[TASK DIRECTIONS]: Which lines below contain the word "updated"? Copy each of them.

-- DATA PROVIDED follows --

-- ===== src/Api/Allowlist.antt =====
-- internal/api/allowlist.go. The packages net/url and net are parameters: `parse_url` gives the
-- scheme and the host name of a URL, and `ip_of` the canonical form of an IP address.
pub mod Checks
use go_sentinel.Base.{
  String, List, [], ◌∷◌, Option, none, some, Bool, true, false, not, ◌&&◌, ◌||◌, str_eq, any,
  if◌then◌else◌,
}
use go_sentinel.Base.Dict.{Dict, lookup}
use go_sentinel.Base.Result.{Result, ok, err}
use go_sentinel.Base.Text.{to_lower, trim_space, cut_prefix, has_suffix}
use Prim.Native.String

pub record Allowlist : Type 0 where
  pub patterns : List String

abbrev pub blocked_hosts : Dict String
blocked_hosts =
    ("169.254.169.254", "cloud instance metadata")
    ∷ ("metadata.google.internal", "cloud instance metadata")
    ∷ []

clean_patterns : List String → List String
clean_patterns [] = []
clean_patterns (p ∷ ps) =
    let cleaned = to_lower (trim_space p) in
    let rest = clean_patterns ps in if str_eq cleaned "" then rest else cleaned ∷ rest

unfoldable pub new_allowlist : List String → Allowlist
unfolding clean_patterns
new_allowlist patterns = record { patterns = clean_patterns patterns }

unfoldable pub unrestricted : Allowlist → Bool
unrestricted a = elim a.patterns [ [] ↦ true | p ∷ ps ↦ false ]

pub data Error : Type 0 where
  unparsable no_host : Error
  wrong_scheme not_allowed : String → Error
  blocked : String → String → Error

pub record Net : Type 0 where
  pub parse_url : String → Option (String × String)
  pub ip_of : String → Option String

module _ (net : Net) where
  same_ip : String → String → Bool
  same_ip pattern host = elim (net.ip_of pattern) [
    | none ↦ false
    | some ip ↦ elim (net.ip_of host) [ none ↦ false | some host_ip ↦ str_eq ip host_ip ]
  ]

  unfoldable pub match_host : String → String → Bool
  unfolding same_ip
  match_host pattern host = if str_eq pattern host then true else elim (cut_prefix pattern "*.") [
    | some suffix ↦ has_suffix host (String.◌++◌ "." suffix) && not (str_eq host suffix)
    | none ↦ same_ip pattern host
  ]

  -- The part of `Check` that follows the parsing of the URL.
  check_host : Allowlist → String → Result Error (Unit {0})
  check_host a host =
      if any (λ p. match_host p host) a.patterns then ok tt else elim (lookup host blocked_hosts) [
        | some reason ↦ err (blocked host reason)
        | none ↦ if unrestricted a then ok tt else err (not_allowed host)
      ]

  check_parts : Allowlist → String → String → Result Error (Unit {0})
  check_parts a scheme hostname =
      let host = to_lower hostname in
      if not (str_eq scheme "http") && not (str_eq scheme "https")
      then err (wrong_scheme scheme)
      else if str_eq host ""
      then err no_host
      else check_host a host

  unfoldable pub check : Allowlist → String → Result Error (Unit {0})
  unfolding check_parts check_host
  check a base_url = elim (net.parse_url (trim_space base_url)) [
    | none ↦ err unparsable
    | some (scheme, hostname) ↦ check_parts a scheme hostname
  ]
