-- ===== src/Base/Affixes.antt =====
-- Prefixes and suffixes of texts: what cut_prefix and has_suffix of Base.Text find.
use Prim.Native.Char.{Char, code}
use text.Mathlib.TextEquality.{codes_equal}
use go_sentinel.Base.Tests.{◌==◌, Bool-cases, Option-cases}
use go_sentinel.Base.Text.{cut_prefix, has_suffix, concat}
use Prim.Native.String.{String}
use mathlib.Core.Bool.{true}
use mathlib.Core.Option.{Option, none, some}
use mathlib.Core.Path.{◌≡◌, refl, sym, ap, ◌∙◌}
use mathlib.Core.Logic.{◌≢◌, inl, inr}
use text.Mathlib.Text.{◌==◌ as str_eq}
use text.Mathlib.TextEquality.{eq_iff}
use text.Mathlib.TextPositions.{eq_refl}
use native.Mathlib.Omega.{arith}

code_eq : (c d : Char) → (code c == code d) ≡ true → c ≡ d
code_eq c d e = codes_equal c d (ground arith)

pub append-cut_prefix : (s p x : String) → cut_prefix s p ≡ some x → s ≡ concat p x
unfolding cut_prefix concat
append-cut_prefix s String.[] x e = ground arith
append-cut_prefix String.[] (String.◌∷◌ d p) x e = absurd (ground arith)
append-cut_prefix (String.◌∷◌ c s) (String.◌∷◌ d p) x e = elim (Bool-cases (code c == code d)) [
  | inl same ↦
      rw (code_eq c d same) (ap (λ t. String.◌∷◌ d t) (append-cut_prefix s p x (ground arith)))
  | inr other ↦ absurd (ground arith)
]

pub cut_prefix-append : (p x : String) → cut_prefix (concat p x) p ≡ some x
unfolding cut_prefix concat
cut_prefix-append String.[] x = refl
cut_prefix-append (String.◌∷◌ d p) x = ground (arith, cut_prefix-append p x)

pub not_prefixed : (s p : String) → cut_prefix s p ≡ none → (x : String) → s ≢ concat p x
not_prefixed s p e x same =
    none_some (sym e ∙ ap (λ t. cut_prefix t p) same ∙ cut_prefix-append p x)
  where
    none_some : {y : String} → Path (Option String) none (some y) → ⊥
    none_some e = ground arith

pub cut_prefix-none : (s p : String) → ((x : String) → s ≢ concat p x) → cut_prefix s p ≡ none
cut_prefix-none s p other = elim (Option-cases (cut_prefix s p)) [
  | inl e ↦ e
  | inr (x, e) ↦ absurd (other x (append-cut_prefix s p x e))
]

has_suffix_refl : (t : String) → has_suffix t t ≡ true
unfolding has_suffix concat
has_suffix_refl String.[] = refl
has_suffix_refl (String.◌∷◌ c t) = rw (eq_refl (String.◌∷◌ c t)) refl

pub has_suffix-append : (x t : String) → has_suffix (concat x t) t ≡ true
unfolding has_suffix concat
has_suffix-append String.[] t = has_suffix_refl t
has_suffix-append (String.◌∷◌ c x) t = ground (arith, has_suffix-append x t)

pub append-has_suffix : (s t : String) → has_suffix s t ≡ true → (x : String) × (s ≡ concat x t)
unfolding has_suffix concat
append-has_suffix String.[] t e = ("", ground (arith, eq_iff "" t))
append-has_suffix (String.◌∷◌ c s) t e = elim (Bool-cases (str_eq (String.◌∷◌ c s) t)) [
  | inl same ↦ ("", ground (arith, eq_iff (String.◌∷◌ c s) t))
  | inr other ↦
      let (x, found) = append-has_suffix s t (ground arith) in
      (String.◌∷◌ c x, ap (λ u. String.◌∷◌ c u) found)
]
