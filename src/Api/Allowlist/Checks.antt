-- ===== src/Api/Allowlist/Checks.antt =====
-- Which URLs pass.
use Prim.Native.String
use go_sentinel.Base.{
  String, List, [], ◌∷◌, none, some, true, str_eq, eq_iff, any, ◌≡◌, ◌≢◌, ◌↔◌, ◌⊎◌, arith, refl, ap,
  ◌∙◌, inl, inr, Bool-cases, Option-cases,
}
use text.Mathlib.TextPositions.{eq_refl}
use go_sentinel.Base.Affixes.{
  append-cut_prefix, cut_prefix-append, not_prefixed, cut_prefix-none, append-has_suffix,
  has_suffix-append,
}
use go_sentinel.Base.Dict.{lookup}
use go_sentinel.Base.Result.{ok}
use go_sentinel.Base.Text.{to_lower, trim_space, concat, cut_prefix, has_suffix}
use go_sentinel.Api.Allowlist.{
  Allowlist, Net, blocked_hosts, unrestricted, match_host, same_ip, check_host, check_parts, check,
}

-- The pattern names the host: it is the host; or it is a wildcard and the host a name that ends with
-- a dot and what follows the wildcard; or it is no wildcard and an IP address, whose canonical form
-- is also that of the host.
abbrev pub IsNamed : Net → String → String → Type 0
IsNamed net host pattern =
    (pattern ≡ host)
    ⊎ ((suffix : String) × (sub : String) × (pattern ≡ concat "*." suffix)
        × (host ≡ concat sub (String.◌++◌ "." suffix))
        × (host ≢ suffix))
    ⊎ (((suffix : String) → pattern ≢ concat "*." suffix)
        × ((ip : String) × (net.ip_of pattern ≡ some ip) × (net.ip_of host ≡ some ip)))

abbrev pub Any : (String → Type 0) → List String → Type 0
Any P [] = ⊥
Any P (x ∷ xs) = P x ⊎ Any P xs

-- A host that a load test may aim at: one that a pattern names, or, where there is no pattern at all,
-- one that is no address of cloud metadata.
abbrev pub IsAllowed : Net → Allowlist → String → Type 0
IsAllowed net a host =
    Any (IsNamed net host) a.patterns
    ⊎ (("169.254.169.254" ≢ host) × ("metadata.google.internal" ≢ host) × (a.patterns ≡ []))

lookup-blocked_hosts :
    (host : String)
    → lookup host blocked_hosts ≡ none
      ↔ ("169.254.169.254" ≢ host) × ("metadata.google.internal" ≢ host)
unfolding lookup
lookup-blocked_hosts host =
    ground (arith, eq_iff "169.254.169.254" host, eq_iff "metadata.google.internal" host)

match_host-IsNamed :
    (net : Net) (pattern host : String)
    → match_host net pattern host ≡ true
    → IsNamed net host pattern
unfolding match_host same_ip
match_host-IsNamed net pattern host e = elim (Bool-cases (str_eq pattern host)) [
  | inl same ↦ inl (ground (arith, eq_iff pattern host))
  | inr differs ↦ elim (Option-cases (cut_prefix pattern "*.")) [
    | inr (suffix, cut) ↦
        let (sub, below) = append-has_suffix host (String.◌++◌ "." suffix) (ground arith) in
        inr (
          inl (
            suffix,
            sub,
            append-cut_prefix pattern "*." suffix cut,
            below,
            ground (arith, eq_iff host suffix),
          ))
    | inl plain ↦ elim (Option-cases (net.ip_of pattern)) [
      | inl no_ip ↦ absurd (ground arith)
      | inr (ip, p) ↦ elim (Option-cases (net.ip_of host)) [
        | inl no_ip ↦ absurd (ground arith)
        | inr (host_ip, h) ↦
            inr (inr (not_prefixed pattern "*." plain, (ip, p, ground (arith, eq_iff ip host_ip))))
      ]
    ]
  ]
]

IsNamed-match_host :
    (net : Net) (pattern host : String)
    → IsNamed net host pattern
    → match_host net pattern host ≡ true
unfolding match_host same_ip
IsNamed-match_host net pattern host (inl same) = ground (arith, eq_iff pattern host)
IsNamed-match_host net pattern host (inr (inl (suffix, sub, p, h, other))) =
    let cut = ap (λ t. cut_prefix t "*.") p ∙ cut_prefix-append "*." suffix in
    let below =
      ap (λ t. has_suffix t (String.◌++◌ "." suffix)) h
      ∙ has_suffix-append sub (String.◌++◌ "." suffix) in
    ground (arith, cut, below, eq_iff host suffix)
IsNamed-match_host net pattern host (inr (inr (plain, (ip, p, h)))) =
    ground (arith, cut_prefix-none pattern "*." plain, eq_refl ip)

any-Any :
    (net : Net) (host : String) (patterns : List String)
    → any (λ p. match_host net p host) patterns ≡ true ↔ Any (IsNamed net host) patterns
any-Any net host [] = ((λ e. absurd (ground arith)), (λ e. absurd e))
any-Any net host (p ∷ patterns) =
    let (forward, backward) = any-Any net host patterns in
    (
      λ e. elim (Bool-cases (match_host net p host)) [
        | inl h ↦ inl (match_host-IsNamed net p host h)
        | inr n ↦ inr (forward (ground arith))
      ],
      λ found. elim found [
        | inl n ↦ rw (IsNamed-match_host net p host n) refl
        | inr n ↦ ground (arith, backward n)
      ],
    )

check_host_iff :
    (net : Net) (a : Allowlist) (host : String)
    → check_host net a host ≡ ok tt ↔ IsAllowed net a host
unfolding check_host unrestricted
check_host_iff net a host = ground (arith, any-Any net host a.patterns, lookup-blocked_hosts host)

check_parts_iff :
    (net : Net) (a : Allowlist) (scheme hostname : String)
    → check_parts net a scheme hostname ≡ ok tt
      ↔ ((scheme ≡ "http") ⊎ (scheme ≡ "https"))
        × (to_lower hostname ≢ "")
        × IsAllowed net a (to_lower hostname)
unfolding check_parts
check_parts_iff net a scheme hostname = ground (
  arith,
  eq_iff scheme "http",
  eq_iff scheme "https",
  eq_iff (to_lower hostname) "",
  check_host_iff net a (to_lower hostname),
)

-- A base URL that parses passes exactly if its scheme is http or https, its host in lower case is
-- not empty, and some pattern names that host (as it is, by a wildcard for any name below a domain,
-- or as an IP address with the same canonical form) or, where there are no patterns, the host is none
-- of the two addresses of cloud metadata.
pub check_iff :
    (net : Net) (a : Allowlist) (base_url scheme hostname : String)
    → net.parse_url (trim_space base_url) ≡ some (scheme, hostname)
    → check net a base_url ≡ ok tt
      ↔ ((scheme ≡ "http") ⊎ (scheme ≡ "https"))
        × (to_lower hostname ≢ "")
        × IsAllowed net a (to_lower hostname)
unfolding check
check_iff net a base_url scheme hostname e = rw (e, check) (check_parts_iff net a scheme hostname)
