-- ===== src/Store/Table/Rows.antt =====
-- What the statements on a table select.
use go_sentinel.Base.{
  ◌==◌, String, List, [], ◌∷◌, ◌++◌, none, some, Bool, true, false, not, ◌&&◌, str_eq, eq_iff,
  if◌then◌else◌, ◌≡◌, refl, arith, any, All, Bool-cases, inl, inr, ◌∙◌,
}
use go_sentinel.Store.Table.{select, first_row, select_row, update, delete_rows, affected}

module _ {A : Type 0} where
  pub select-append :
      (p : A → Bool) (xs ys : List A) → select p (xs ++ ys) ≡ select p xs ++ select p ys
  unfolding select
  select-append p [] ys = refl
  select-append p (x ∷ xs) ys = ground (arith, select-append p xs ys)

  pub select_row-append :
      (p : A → Bool) (xs ys : List A)
      → select_row p (xs ++ ys)
        ≡ elim (select_row p xs) [ none ↦ select_row p ys | some x ↦ some x ]
  unfolding select_row
  select_row-append p [] ys = refl
  select_row-append p (x ∷ xs) ys = ground (arith, select_row-append p xs ys)

  pub first_row-append :
      (xs ys : List A)
      → first_row (xs ++ ys) ≡ elim (first_row xs) [ none ↦ first_row ys | some x ↦ some x ]
  first_row-append [] ys = refl
  first_row-append (x ∷ xs) ys = refl

  pub first_row-select :
      (p : A → Bool) (rows : List A) → first_row (select p rows) ≡ select_row p rows
  unfolding select select_row
  first_row-select p [] = refl
  first_row-select p (x ∷ rows) = ground (arith, first_row-select p rows)

  pub select-none : (p : A → Bool) (rows : List A) → any p rows ≡ false → select p rows ≡ []
  unfolding select
  select-none p [] h = refl
  select-none p (x ∷ rows) h = ground (arith, select-none p rows)

  pub select_row-none :
      (p : A → Bool) (rows : List A) → any p rows ≡ false → select_row p rows ≡ none
  unfolding select_row
  select_row-none p [] h = refl
  select_row-none p (x ∷ rows) h = ground (arith, select_row-none p rows)

  pub select_row-some :
      (p : A → Bool) (rows : List A)
      → any p rows ≡ true
      → (x : A) × (select_row p rows ≡ some x) × (p x ≡ true)
  unfolding select_row
  select_row-some p [] h = ground arith
  select_row-some p (x ∷ rows) h = elim (Bool-cases (p x)) [
    | inl e ↦ rw e (x, refl, e)
    | inr e ↦ rw e (select_row-some p rows (ground arith))
  ]

  -- A statement affects no row exactly where none meets its test.
  pub affected-any : (p : A → Bool) (rows : List A) → (affected p rows == 0) ≡ not (any p rows)
  unfolding affected
  affected-any p [] = refl
  affected-any p (x ∷ rows) = ground (arith, affected-any p rows)

-- Rows found by a key.
module _ {A : Type 0} (key : A → String) where
  abbrev pub HasUniqueKeys : List A → Type 0
  HasUniqueKeys [] = Unit
  HasUniqueKeys (x ∷ rows) = (any (λ y. str_eq (key x) (key y)) rows ≡ false) × HasUniqueKeys rows

  abbrev keyed : String → A → Bool
  keyed k x = str_eq (key x) k

  pub select_row-delete_rows :
      (k j : String) (rows : List A)
      → select_row (keyed j) (delete_rows (keyed k) rows)
        ≡ (if str_eq k j then none else select_row (keyed j) rows)
  unfolding select_row delete_rows
  select_row-delete_rows k j [] = ground arith
  select_row-delete_rows k j (x ∷ rows) =
      ground
        (arith, select_row-delete_rows k j rows, eq_iff (key x) k, eq_iff (key x) j, eq_iff k j)

  pub select_row-update :
      (p : A → Bool) (set : A → A)
      → ((x : A) → key (set x) ≡ key x)
      → (k j : String) (rows : List A)
      → select_row (keyed j) (update (λ x. keyed k x && p x) set rows) ≡ (
          if str_eq k j
          then elim (select_row (keyed k) rows) [
            | none ↦ none
            | some x ↦ some (if p x then set x else x)
          ]
          else select_row (keyed j) rows)
  unfolding select_row update
  select_row-update p set h k j [] = ground arith
  select_row-update p set h k j (x ∷ rows) = ground (
    arith,
    select_row-update p set h k j rows,
    h x,
    eq_iff (key x) k,
    eq_iff (key x) j,
    eq_iff (key (set x)) j,
    eq_iff k j,
  )

  any-delete_rows :
      (p q : A → Bool) (rows : List A) → any q rows ≡ false → any q (delete_rows p rows) ≡ false
  unfolding delete_rows
  any-delete_rows p q [] h = refl
  any-delete_rows p q (x ∷ rows) h = ground (arith, any-delete_rows p q rows)

  pub delete_rows-HasUniqueKeys :
      (p : A → Bool) (rows : List A) → HasUniqueKeys rows → HasUniqueKeys (delete_rows p rows)
  unfolding delete_rows
  delete_rows-HasUniqueKeys p [] h = tt
  delete_rows-HasUniqueKeys p (x ∷ rows) (new, h) = elim (Bool-cases (p x)) [
    | inl e ↦ rw e (delete_rows-HasUniqueKeys p rows h)
    | inr e ↦ rw e (any-delete_rows p _ rows new, delete_rows-HasUniqueKeys p rows h)
  ]

  any-update :
      (p : A → Bool) (set : A → A)
      → ((x : A) → key (set x) ≡ key x)
      → (k : String) (rows : List A)
      → any (λ y. str_eq k (key y)) (update p set rows) ≡ any (λ y. str_eq k (key y)) rows
  unfolding update
  any-update p set h k [] = refl
  any-update p set h k (x ∷ rows) = ground (arith, any-update p set h k rows, h x)

  pub update-HasUniqueKeys :
      (p : A → Bool) (set : A → A)
      → ((x : A) → key (set x) ≡ key x)
      → (rows : List A) → HasUniqueKeys rows
      → HasUniqueKeys (update p set rows)
  unfolding update
  update-HasUniqueKeys p set h [] u = tt
  update-HasUniqueKeys p set h (x ∷ rows) (new, u) = elim (Bool-cases (p x)) [
    | inl e ↦
        rw (e, h x) (any-update p set h (key x) rows ∙ new, update-HasUniqueKeys p set h rows u)
    | inr e ↦ rw e (any-update p set h (key x) rows ∙ new, update-HasUniqueKeys p set h rows u)
  ]

  any-append :
      (p : A → Bool) (new : A) (rows : List A)
      → any p rows ≡ false
      → p new ≡ false
      → any p (rows ++ (new ∷ [])) ≡ false
  any-append p new [] h e = ground arith
  any-append p new (x ∷ rows) h e = ground (arith, any-append p new rows)

  pub insert-HasUniqueKeys :
      (new : A) (rows : List A)
      → HasUniqueKeys rows
      → any (λ y. str_eq (key new) (key y)) rows ≡ false
      → HasUniqueKeys (rows ++ (new ∷ []))
  insert-HasUniqueKeys new [] h e = (refl, tt)
  insert-HasUniqueKeys new (x ∷ rows) (u, h) e = (
    any-append _ new rows u (ground (arith, eq_iff (key new) (key x), eq_iff (key x) (key new))),
    insert-HasUniqueKeys new rows h (ground arith),
  )

  -- With unique keys at most one row is affected: the one that has the key.
  pub any-select_row :
      (p : A → Bool) (k : String) (rows : List A)
      → HasUniqueKeys rows
      → any (λ x. keyed k x && p x) rows
        ≡ elim (select_row (keyed k) rows) [ none ↦ false | some x ↦ p x ]
  unfolding select_row
  any-select_row p k [] h = refl
  any-select_row p k (x ∷ rows) (new, h) = elim (Bool-cases (keyed k x)) [
    | inl e ↦ ground (arith, e, others rows new, (eq_iff (key x) k).0 e)
    | inr e ↦ ground (arith, e, any-select_row p k rows h)
  ]
    where
      others :
          (ys : List A)
          → any (λ y. str_eq (key x) (key y)) ys ≡ false
          → key x ≡ k
          → any (λ y. keyed k y && p y) ys ≡ false
      others [] n e = refl
      others (y ∷ ys) n e = ground (arith, others ys, eq_iff (key x) (key y), eq_iff (key y) k)

module _ {A : Type 0} where
  pub All-update :
      (P Q : A → Type 0) (p : A → Bool) (set : A → A)
      → ((x : A) → P x → p x ≡ true → Q (set x))
      → ((x : A) → P x → p x ≡ false → Q x)
      → (rows : List A) → All P rows
      → All Q (update p set rows)
  unfolding update
  All-update P Q p set f g [] h = tt
  All-update P Q p set f g (x ∷ rows) (px, h) = elim (Bool-cases (p x)) [
    | inl e ↦ rw e (f x px e, All-update P Q p set f g rows h)
    | inr e ↦ rw e (g x px e, All-update P Q p set f g rows h)
  ]

  pub All-delete_rows :
      (P : A → Type 0) (p : A → Bool) (rows : List A) → All P rows → All P (delete_rows p rows)
  unfolding delete_rows
  All-delete_rows P p [] h = tt
  All-delete_rows P p (x ∷ rows) (px, h) = elim (Bool-cases (p x)) [
    | inl e ↦ rw e (All-delete_rows P p rows h)
    | inr e ↦ rw e (px, All-delete_rows P p rows h)
  ]

  pub All-append : (P : A → Type 0) (xs ys : List A) → All P xs → All P ys → All P (xs ++ ys)
  All-append P [] ys h k = k
  All-append P (x ∷ xs) ys (px, h) k = (px, All-append P xs ys h k)

  pub All-always : (P : A → Type 0) → ((x : A) → P x) → (rows : List A) → All P rows
  All-always P f [] = tt
  All-always P f (x ∷ rows) = (f x, All-always P f rows)

  -- A change of the rows that keeps the test changes the row that is found.
  pub select_row-updated :
      (p : A → Bool) (set : A → A)
      → ((x : A) → p (set x) ≡ p x)
      → (rows : List A)
      → select_row p (update p set rows)
        ≡ elim (select_row p rows) [ none ↦ none | some x ↦ some (set x) ]
  unfolding select_row update
  select_row-updated p set h [] = refl
  select_row-updated p set h (x ∷ rows) = ground (arith, select_row-updated p set h rows, h x)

-- DATA PROVIDED concluded --

[TASK OUTPUT]:
  pub select_row-updated :
  select_row-updated p set h [] = refl
  select_row-updated p set h (x ∷ rows) = ground (arith, select_row-updated p set h rows, h x)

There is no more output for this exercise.